# Alphacool Eisbaer 280 normal oder Aurora



## Newarea (24. Juni 2020)

Hallo liebes Forum,

ich plane mir gerade einen PC zusammen:

R7 3700X oder 3800X
32GB RAM
Gigabyte B550 Aorus Elite
Sapphire Pulse 5700XT
 DVD-Laufwerk
 Samsung Pro 256GB SSD
 Samsung 500GB SSD
Samsung 1GB SSD
Bequiet PP11 500W 
Fractal Design 7

und würde zum Kühlen einen 280er Radiator verwenden von Alphacool.
Und weil ich Neuling bin eine Kompaktwakü. Ich schwenke zwischen den Alphacool Eisbaer Aurora und dem normalen 280er.
Laut Geizhals ist ein Unterschied bei den Lüftern und der Pumpe.

Wie gravierend ist der Unterschied:

Aurora:

 Lüfter  2x 140mm, 600-1500rpm, 27-71m³/&#8203;h  
  Pumpe  7-13.5V, 75l/&#8203;h, 0.95m  

Normal:

 Lüfter  2x 140mm, 1100rpm, 29.4dB(A), 106m³/&#8203;h  
  Pumpe  7-13.5V, 70l/&#8203;h, 0.85m 

Der Radiator soll in den Deckel, falls das noch wichtig ist!? 
Und eigentlich wird keine Beleuchtung benötigt.

LG


----------



## Mrry25 (24. Juni 2020)

Zur Wasserkühlung kann ich leider nichts genaues sagen. Aber der Kühlunterschied dürfte eher gering ausfallen so das man es eher schwer messen kann.

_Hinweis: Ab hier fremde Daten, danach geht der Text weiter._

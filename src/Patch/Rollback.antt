-- ===== src/Patch/Rollback.antt =====
-- internal/tooling/patch.go: rollback takes back what commit did before it failed.
use text.Mathlib.Text.{◌==◌ as str_eq}
use alt_tui.Prelude.{
  ℕ, String, ◌≡◌, sym, ap, ◌∙◌, inl, inr, Bool, true, false, ◌||◌, ◌&&◌, List, [], ◌∷◌, arith,
  eq_iff, Bool-cases, if◌then◌else◌, subst,
}
use alt_tui.Patch.{Nodes, Disk, StagedChange, has_path, is_directory, remove, rename, undo}
use alt_tui.Patch.Effects.{IsLike, IsQuiet, and_temp, Aside-undone, Written-undone, temp_removed}
use alt_tui.Patch.Steps.{IsStaged}
use alt_tui.Patch.Plain.{IsPlain}
use alt_tui.Patch.Commit.{Committed, backup_away}

-- the paths of the temporary files of staged changes
unfoldable pub temporary_in : List StagedChange → String → Bool
temporary_in [] p = false
temporary_in (x ∷ rest) p = (has_path x.temp_path && str_eq x.temp_path p) || temporary_in rest p

module _ (faults : ℕ → Bool) (backup_path : ℕ → String → String) where
  last_undone :
      (w : Bool) (temp : String) (gone : String → Bool) (f : Nodes) (d : Disk)
      → IsQuiet faults backup_path d
      → (has_path temp ≡ true → is_directory (f temp) ≡ false)
      → IsLike (if w then and_temp faults backup_path temp gone else gone) f d.nodes
      → let u = if w then "" else temp in
        let e = if has_path u then remove faults backup_path u d else d in
        IsLike (and_temp faults backup_path temp gone) f e.nodes × IsQuiet faults backup_path e
  last_undone true temp gone f d q plain like = (like, q)
  last_undone false temp gone f d q plain like =
      temp_removed faults backup_path temp gone f d q plain like

  module _ (temporary : String → Bool)
      (no_backup : (n : ℕ) (p : String) → temporary (backup_path n p) ≡ false)
      (unnamed : temporary "" ≡ false)
      (distinct : (m n : ℕ) (p q : String) → backup_path m p ≡ backup_path n q → m ≡ n) where
    -- the paths are of temporary files
    abbrev Among : (String → Bool) → Type 0
    Among gone = (p : String) → gone p ≡ true → temporary p ≡ true

    away : (gone : String → Bool) (p : String) → Among gone → temporary p ≡ false → gone p ≡ false
    away gone p among none_there = elim (Bool-cases (gone p)) [
      | inl e ↦ absurd (ground (arith, among p e, none_there))
      | inr e ↦ e
    ]

    and_temp-Among :
        (temp : String) (gone : String → Bool)
        → (has_path temp ≡ true → temporary temp ≡ true)
        → Among gone
        → Among (and_temp faults backup_path temp gone)
    and_temp-Among temp gone mine among p at = elim (Bool-cases (gone p)) [
      | inl e ↦ among p e
      | inr e ↦
          ap temporary (sym ((eq_iff temp p).0 (ground (arith, at, e))))
          ∙ mine (ground (arith, at, e))
    ]

    if-Among :
        (w : Bool) (temp : String) (gone : String → Bool)
        → (has_path temp ≡ true → temporary temp ≡ true)
        → Among gone
        → Among (if w then and_temp faults backup_path temp gone else gone)
    if-Among true temp gone mine among = and_temp-Among temp gone mine among
    if-Among false temp gone mine among = among

    pub undo-Committed :
        (gone : String → Bool) (x y : StagedChange) (d e f : Disk)
        → Among gone
        → (has_path x.temp_path ≡ true → temporary x.temp_path ≡ true)
        → IsStaged faults backup_path temporary x
        → Committed faults backup_path x d y e
        → IsPlain temporary d.nodes
        → IsQuiet faults backup_path f
        → IsLike gone e.nodes f.nodes
        → IsLike
            (and_temp faults backup_path x.temp_path gone)
            d.nodes
            (undo faults backup_path y f).nodes
          × IsQuiet faults backup_path (undo faults backup_path y f)
    unfolding undo
    undo-Committed gone x y d e f among mine s c plain quiet like =
        let left : String → Bool =
          if y.new_written then and_temp faults backup_path x.temp_path gone else gone in
        let within : Among left = if-Among y.new_written x.temp_path gone mine among in
        let f₁ : Disk = if y.new_written then remove faults backup_path x.plan.new_path f else f in
        let f₂ : Disk =
          if y.new_moved
          then (rename faults backup_path y.new_backup x.plan.new_path f₁).0
          else f₁ in
        let f₃ : Disk =
          if y.old_moved
          then (rename faults backup_path y.old_backup x.plan.old_path f₂).0
          else f₂ in
        let one =
          Written-undone faults backup_path y.new_written gone x.temp_path x.plan.new_path c.second
            e.nodes f quiet (away gone x.plan.new_path among s.away_new) c.written like in
        let two =
          Aside-undone faults backup_path y.new_moved left x.plan.new_path y.new_backup c.first
            c.second f₁ one.1 (away left x.plan.new_path within s.away_new)
            (away left y.new_backup within (
              backup_away faults backup_path temporary no_backup unnamed distinct y.new_backup
                c.new_named))
            c.new one.0 in
        let three =
          Aside-undone faults backup_path y.old_moved left x.plan.old_path y.old_backup d.nodes
            c.first f₂ two.1 (away left x.plan.old_path within s.away_old)
            (away left y.old_backup within (
              backup_away faults backup_path temporary no_backup unnamed distinct y.old_backup
                c.old_named))
            c.old two.0 in
        subst (λ pl. Undone (undo faults backup_path (record y { plan = pl }) f)) (sym c.plan)
          (subst
            (λ t. Undone (undo faults backup_path (record y { plan = x.plan; temp_path = t }) f))
            (sym c.temp)
            (last_undone y.new_written x.temp_path gone d.nodes f₃ three.1
              (λ h. plain x.temp_path (mine h)) three.0))
      where
        Undone : Disk → Type 0
        Undone g =
            IsLike (and_temp faults backup_path x.temp_path gone) d.nodes g.nodes
            × IsQuiet faults backup_path g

Bei der CPU würd ich dir zum 3700X raten, der 3800X soll doch mehr Probleme machen und ist eigentlich nicht recht schneller und zu dem teurer.

Überleg dir gut ob du noch ein DVD Laufwerk brauchst, die meisten Sachen holt man sich eh übers Internet und wenn es schon ein Laufwerk sein soll dann lieber ein Blu-ray. Ich selbst hab seit 2 Jahren kein DVD oder Blu-ray Laufwerk mehr.

Warum jetzt 3 SSD´s? Nimm doch dann gleich eine SSD mit 2 TB oder eine Sata SSD mit 1TB und eine M2 PCI E mit 1TB. Kommt fast aufs gleiche raus aus Preis Sicht und du hast noch etwas mehr Speicher.

Bist du dir sicher das du 32GB Arbeitsspeicher Brauchst? Für Spiele und die meisten Anwendungen reiche 16GB völlig aus. Wenn du Streamst und Bild oder Videobearbeitung machst sind 32GB sinvoll.


----------



## matti30 (24. Juni 2020)

ich würd die Aurora empfehlen. Schaut optisch schicker aus. RGB musst ja nicht anstöpseln. 
Pumpe auf 7V ist sehr leise. Die Lüfter bei der aurora sollen auch besser sein. Würd da aber eher eigene draufschnallen.


----------



## drstoecker (24. Juni 2020)

Würde auch die Aurora nehmen wegen der Optik.
die Pumpe müsste identisch sein und live ist diese wirklich silent!


----------



## Newarea (24. Juni 2020)

Dachte bzgl. Binning ich greife eher zum 3800X

Es sind 3 vorhandene SSD's die bleiben 

32 GB muss ich noch überlegen glaub aber das das bleibt.


Bzgl Eisbaer:

Ja so wie ich das lese sind die Daten von dem Aurora schon besser aber wenn die recht gleich sind is halt dann die Frage ob ich die 30€ mehr wirklich investieren sollte...


----------



## IICARUS (24. Juni 2020)

Wir habe die Aurora im Rechner meines Sohnes verbaut und auch die Schläuche inkl. der Anschlüsse sind Qualitativ hochwertiger.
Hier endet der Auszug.